With the end of the Cold War, military organizations such as NATO and the Bundeswehr have changed their roles. Although their importance has declined, a new range of duties has developed to legitimize their existence, and thus, they have been able to regain some of their hegemony.
Their duties today range from military intervention, mediation of conflicts, monitoring of human rights, and supply of humanitarian aid, to rebuilding societies in post-conflict countries. Military forces often also perform police and civil duties in their areas of deployment. They thus affect economic and political life as well as gender relations in conflict regions. Meanwhile, the states sending troops and the UN often task military forces with the settlement and reconciliation of formerly hostile groups.
This gives the military highly symbolic significance in deployment areas and enormous political influence in shaping postwar societies. It requires skills and expertise in areas military personnel have hitherto received little training for. In crisis regions, the question of the role of women in society is quite often disputed among political, ethnic, religious, and cultural communities, and is thus part of the conflict. To reduce conflict and establish structures capable of maintaining peace, knowledge of local social, political and cultural relations is essential, as is a knowledge of the causes, history, and trajectory of the conflict, and of the dynamic of gender relations. Male and female soldiers must be trained in gender awareness if they are to be able to support local women in gaining equal participation in emerging democratic structures. In societies in conflict, soldiers must promote processes of deliberation on gender relations and stereotypes; they must bring a gender perspective into peacebuilding.
In addition to the military, many non-governmental players are active in zones of crisis and conflict. Boundaries between these two groups and their work are becoming somewhat blurred. On the one hand, the military assumes civil duties in conflict and crisis regions; on the other, it works increasingly alongside civilian organizations. Countries such as Germany frequently support various groups and transfer to them what used to be the task of the state. The problem is that the local people can barely distinguish between those providing civil assistance and military interventionists.
» Read Civil Military Cooperation
The expansion of the military’s fields of action is creating a new set-up. Many civilian actors, both male and female, because of their own histories as conscientious objectors, feminists, or pacifists, keep the military at arm’s length. Yet mutual acceptance is a precondition for constructive cooperation and joint civil conflict management. Eliminating reservations about the other side is thus often the first priority.
Studies about the effects peacekeeping forces have on civil societies have produced ambivalent results. On the one hand, women’s NGOs and segments of the civilian population often highly appreciate their presence for stabilizing social life and developing security – for example, in Bosnia. Aid shipments for reconstruction and the normalization of life, which frequently go hand in hand with civil support, are likewise very well received. The stimulus the presence of international troops provides to the local economy is also seen as positive.

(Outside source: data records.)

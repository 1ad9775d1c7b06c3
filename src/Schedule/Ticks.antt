-- ===== src/Schedule/Ticks.antt =====
-- Which ticks a slot meets, and what a due user fulfils.
use mathlib.Core.List.{Memᴰ}
use mathlib.Core.List.Memᴰ
use mathlib.Core.List.Memᴰ.{head, tail}
use briefed.Base.{
  refl, Option-cases, Bool-cases, List, [], ◌∷◌, ◌++◌, Bool, ◌-◌, ◌⊎◌, ap, subst, ℕ, ◌+◌, ◌*◌, ◌/◌,
  ◌%◌, ◌≤◌, ◌≡◌, ◌≢◌, ◌↔◌, String, true, false, some, any, arith, eq_iff, inl, inr,
}
use briefed.Schedule.{
  Zones, UserScheduleView, last_run_debounce, lock_stale_after, is_debounced, is_locked, is_near,
  candidate_utc_slots, is_due, Zone, resolve_zone, slots_on,
}
use briefed.Schedule.NextSlot.{IsSlot, slots_on-IsSlot, slots_on-complete, widen}

-- The scheduler's ticks, one in fifteen minutes.
abbrev pub tick : ℕ → ℕ
tick k = k * 900

-- A slot on a whole minute is near exactly one tick.
pub is_near-one_tick :
    (slot : ℕ)
    → slot % 60 ≡ 0
    → (k : ℕ) × (is_near (tick k) slot ≡ true) × ((j : ℕ) → is_near (tick j) slot ≡ true → j ≡ k)
unfolding is_near
is_near-one_tick slot aligned = ((slot + 450) / 900, ground arith, λ j near. ground arith)

-- One of the parseable times that are listed falls, on the local day of `now` or on one next to it, no
-- more than seven and a half minutes before or after `now`.
abbrev pub OnSlot : Zones → ℕ → UserScheduleView → Type 0
OnSlot zones now profile =
    let zone = resolve_zone zones profile.schedule_timezone in
    let today = zone.day_of now in
    (slot : ℕ) × IsSlot zone profile.schedule_times_local (today - 1) (today + 1) slot
    × (slot ≤ now + 450)
    × (now ≤ slot + 450)

any-mem : (p : ℕ → Bool) (xs : List ℕ) → any p xs ≡ true → (x : ℕ) × Memᴰ x xs × (p x ≡ true)
any-mem p [] h = absurd (ground arith)
any-mem p (x ∷ xs) h = elim (Bool-cases (p x)) [
  | inl holds ↦ (x, head refl, holds)
  | inr fails ↦ let (y, m, holds) = any-mem p xs (ground arith) in (y, tail m, holds)
]

mem-any : (p : ℕ → Bool) (xs : List ℕ) (x : ℕ) → Memᴰ x xs → p x ≡ true → any p xs ≡ true
mem-any p (y ∷ xs) x (head e) h = ground (arith, ap p e)
mem-any p (y ∷ xs) x (tail m) h = ground (arith, mem-any p xs x m h)
mem-any p [] x m h = absurd (Memᴰ.not-nil m)

module _ (zone : Zone) (times : List String) (today u : ℕ) where
  abbrev on : ℕ → List ℕ
  on day = slots_on zone day times

  within :
      (day : ℕ)
      → today - 1 ≤ day
      → day ≤ today + 1
      → Memᴰ u (on day)
      → IsSlot zone times (today - 1) (today + 1) u
  within day lo hi m =
      widen zone times day (today - 1) (today + 1) u lo hi (slots_on-IsSlot zone day times u m)

  days :
      (day : ℕ)
      → today - 1 ≤ day
      → day ≤ today + 1
      → (day ≡ today - 1) ⊎ (day ≡ today) ⊎ (day ≡ today + 1)
  days day lo hi = ground arith

  around-IsSlot :
      Memᴰ u (on (today - 1) ++ on today ++ on (today + 1))
      → IsSlot zone times (today - 1) (today + 1) u
  around-IsSlot m = elim (Memᴰ.append_cases (on (today - 1) ++ on today) m) [
    | inl early ↦ elim (Memᴰ.append_cases (on (today - 1)) early) [
      | inl a ↦ within (today - 1) (omega arith) (omega arith) a
      | inr b ↦ within today (omega arith) (omega arith) b
    ]
    | inr c ↦ within (today + 1) (omega arith) (omega arith) c
  ]

  around-complete :
      IsSlot zone times (today - 1) (today + 1) u
      → Memᴰ u (on (today - 1) ++ on today ++ on (today + 1))
  around-complete s =
      let found : Memᴰ u (on s.day) =
        Memᴰ.cast s.falls
          (slots_on-complete zone s.day times s.raw s.hour s.minute s.listed s.parsed) in
      elim (days s.day s.after_first s.up_to_last) [
        | inl e ↦
            Memᴰ.append_left (on (today + 1))
              (Memᴰ.append_left (on today) (subst (λ day. Memᴰ u (on day)) e found))
        | inr (inl e) ↦
            Memᴰ.append_left (on (today + 1))
              (Memᴰ.append_right (on (today - 1)) (subst (λ day. Memᴰ u (on day)) e found))
        | inr (inr e) ↦
            Memᴰ.append_right (on (today - 1) ++ on today) (subst (λ day. Memᴰ u (on day)) e found)
      ]

is_near-true : (now u : ℕ) → (is_near now u ≡ true) ↔ ((u ≤ now + 450) × (now ≤ u + 450))
unfolding is_near
is_near-true now u = (λ h. (ground arith, ground arith), λ h. ground arith)

-- The test of the slots is met exactly on a slot.
any-OnSlot :
    (zones : Zones) (now : ℕ) (profile : UserScheduleView)
    → (any (is_near now) (candidate_utc_slots zones now profile) ≡ true) ↔ OnSlot zones now profile
unfolding candidate_utc_slots
any-OnSlot zones now profile =
    let zone : Zone = resolve_zone zones profile.schedule_timezone in
    let today : ℕ = zone.day_of now in
    let times : List String = profile.schedule_times_local in
    (
      λ h.
          let (u, m, near) = any-mem (is_near now) (candidate_utc_slots zones now profile) h in
          let (before, after) = (is_near-true now u).0 near in
          (u, around-IsSlot zone times today u m, before, after),
      λ (u, s, before, after).
          mem-any (is_near now) (candidate_utc_slots zones now profile) u
            (around-complete zone times today u s) ((is_near-true now u).1 (before, after)),
    )

-- The four conditions of the module's description.
pub record MayRun (zones : Zones) (now : ℕ) (profile : UserScheduleView) : Type 0 where
  pub enabled : profile.schedule_frequency ≢ "disabled"
  pub rested :
      (last : ℕ) → profile.last_run_finished_at ≡ some last → last + last_run_debounce ≤ now
  pub unlocked :
      (run : String)
      → profile.current_run_id ≡ some run
      → (started : ℕ) × (profile.current_run_started_at ≡ some started)
        × (started + lock_stale_after ≤ now)
  pub on_slot : OnSlot zones now profile

rested_of :
    (now : ℕ) (profile : UserScheduleView) (last : ℕ)
    → is_debounced now profile ≡ false
    → profile.last_run_finished_at ≡ some last
    → last + last_run_debounce ≤ now
unfolding is_debounced
rested_of now profile last h e = ground arith

unlocked_of :
    (now : ℕ) (profile : UserScheduleView) (run : String)
    → is_locked now profile ≡ false
    → profile.current_run_id ≡ some run
    → (started : ℕ) × (profile.current_run_started_at ≡ some started)
      × (started + lock_stale_after ≤ now)
unfolding is_locked
unlocked_of now profile run h e = elim (Option-cases profile.current_run_started_at) [
  | inl unknown ↦ absurd (ground arith)
  | inr (started, s) ↦ (started, s, ground arith)
]

debounced_of :
    (now : ℕ) (profile : UserScheduleView)
    → ((last : ℕ) → profile.last_run_finished_at ≡ some last → last + last_run_debounce ≤ now)
    → is_debounced now profile ≡ false
unfolding is_debounced
debounced_of now profile h = elim (Option-cases profile.last_run_finished_at) [
  | inl never ↦ rw never
  | inr (last, e) ↦ ground (arith, h last e)
]

free_of :
    (now : ℕ) (profile : UserScheduleView)
    → ((run : String)
        → profile.current_run_id ≡ some run
        → (started : ℕ) × (profile.current_run_started_at ≡ some started)
          × (started + lock_stale_after ≤ now))
    → is_locked now profile ≡ false
unfolding is_locked
free_of now profile h = elim (Option-cases profile.current_run_id) [
  | inl unheld ↦ rw unheld
  | inr (run, e) ↦ let (started, s, le) = h run e in ground arith
]

-- A user is due at a tick exactly when the schedule is not disabled, the last run finished an hour
-- ago or more, a run that holds the lock started half an hour ago or more, and one of the
-- parseable times that are listed, on the local day of the tick or on one next to it, is within seven
-- and a half minutes of it.
pub is_due-MayRun :
    (zones : Zones) (now : ℕ) (profile : UserScheduleView)
    → (is_due zones now profile ≡ true) ↔ MayRun zones now profile
unfolding is_due
is_due-MayRun zones now profile = (
  λ due. record {
    enabled = λ disabled. absurd (ground (arith, eq_iff profile.schedule_frequency "disabled"));
    rested = λ last e. rested_of now profile last (ground arith) e;
    unlocked = λ run e. unlocked_of now profile run (ground arith) e;
    on_slot = (any-OnSlot zones now profile).0 (ground arith);
  },
  λ m. ground (
    arith,
    eq_iff profile.schedule_frequency "disabled",
    debounced_of now profile m.rested,
    free_of now profile m.unlocked,
    (any-OnSlot zones now profile).1 m.on_slot,
  ),
)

At the same time, developments are highly dependent on the gender policy of the respective military, a fact often given little consideration. Women’s organizations, such as in Bosnia or Kosovo, have been highly critical of the fact that they are excluded from democratization and reconstruction processes, and receive only limited access to educational programs. Instead, they are relegated to “women’s activities” such as hairdressing, knitting, and sewing. Here reform is urgently needed.
A military presence has very negative side effects: Prostitution, sexual violence, trafficking in women, and the incidence of HIV rise dramatically and impede the construction of a gender-democratic society.
The lack of gender expertise in the military is also responsible for many other abuses. Women and their needs are insufficiently addressed in the planning and construction of refugee camps. Women and girls, who in many cases make up 70-80 % of refugees, often lack safe access to food, water, and toilet facilities. Not infrequently they are molested and even raped by men in unsecured washrooms and toilet facilities. According to a UN report, violence continues to rise in supposedly safe camps, where an average of 80 % of women and girls are subjected to sexualized violence. To counter these effects of gender blindness in the military, feminist critics call for gender-sensitive conflict management.
A solution could be to put together in a UN force of mixed-gender police and military units. It would intervene on the basis of gender-sensitive conflict analyses and would have the necessary training, since within the military’s logic of violence, female as well as male soldiers can become perpetrators, if they are not adequately trained and educated in gender sensitivity. Its deployment would also have to be subject to clearly defined criteria and a resolution by the UN Security Council, which could only order such an intervention on condition that all other political means, diplomacy, and civil conflict prevention, have been exhausted. This, of course, will not resolve the basic dilemma faced by pacifist feminists, yet it could guide them in a pragmatic direction.